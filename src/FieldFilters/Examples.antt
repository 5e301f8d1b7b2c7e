-- ===== src/FieldFilters/Examples.antt =====
-- The theorem on coppermind/field_filters.py at a filter for the notes of a year.
use coppermind.Base.{◌≡◌, refl, some, true, List, [], ◌∷◌, length, All}
use coppermind.Base.Texts.{precedes, codes}
use coppermind.Base.Dict.{lookup, insert}
use coppermind.Base.Attempt.{ok}
use coppermind.Schema.{text}
use coppermind.Schema.Defaults.{default_schema}
use coppermind.FieldFilters.{
  at_least, at_most, FieldClause, Parser, parse_filter, parsed, not_null, has_null, fits,
  fields_fit, definition_of, is_operator, is_valid, narrowed, add_bound, check_clause,
  check_declared, check_clauses, is_crossed, check_ranges, validate_filter,
}
use coppermind.FieldFilters.Accepted.{IsAccepted, Agree, validate_filter-IsAccepted}

abbrev a_year : List FieldClause
a_year =
    record { field = codes "date"; op = at_least; value = text (codes "2024-01-01") }
    ∷ record { field = codes "date"; op = at_most; value = text (codes "2024-12-31") }
    ∷ []

abbrev parser : Parser
parser = record { quoted_length = λ s. length s; clauses = λ s. some a_year; is_day = λ s. true }

year_accepted : validate_filter parser (codes "{}") default_schema ≡ ok a_year
unfolding validate_filter parse_filter parsed not_null has_null fits fields_fit definition_of
    is_operator is_valid narrowed add_bound check_clause check_declared check_clauses is_crossed
    check_ranges precedes lookup insert
year_accepted = refl

validate_filter-IsAccepted_example :
    All (IsAccepted parser default_schema.keys) a_year
    × All (λ c. All (Agree parser c) a_year) a_year
validate_filter-IsAccepted_example =
    validate_filter-IsAccepted parser (codes "{}") default_schema a_year year_accepted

───

### Task statement:
Which lines of the entries above contain the word "FieldFilters"? Copy each of them.

### Solved exercise:
filename src/FieldFilters/Examples.antt
-- ===== src/FieldFilters/Examples.antt =====
use coppermind.FieldFilters.{
use coppermind.FieldFilters.Accepted.{IsAccepted, Agree, validate_filter-IsAccepted}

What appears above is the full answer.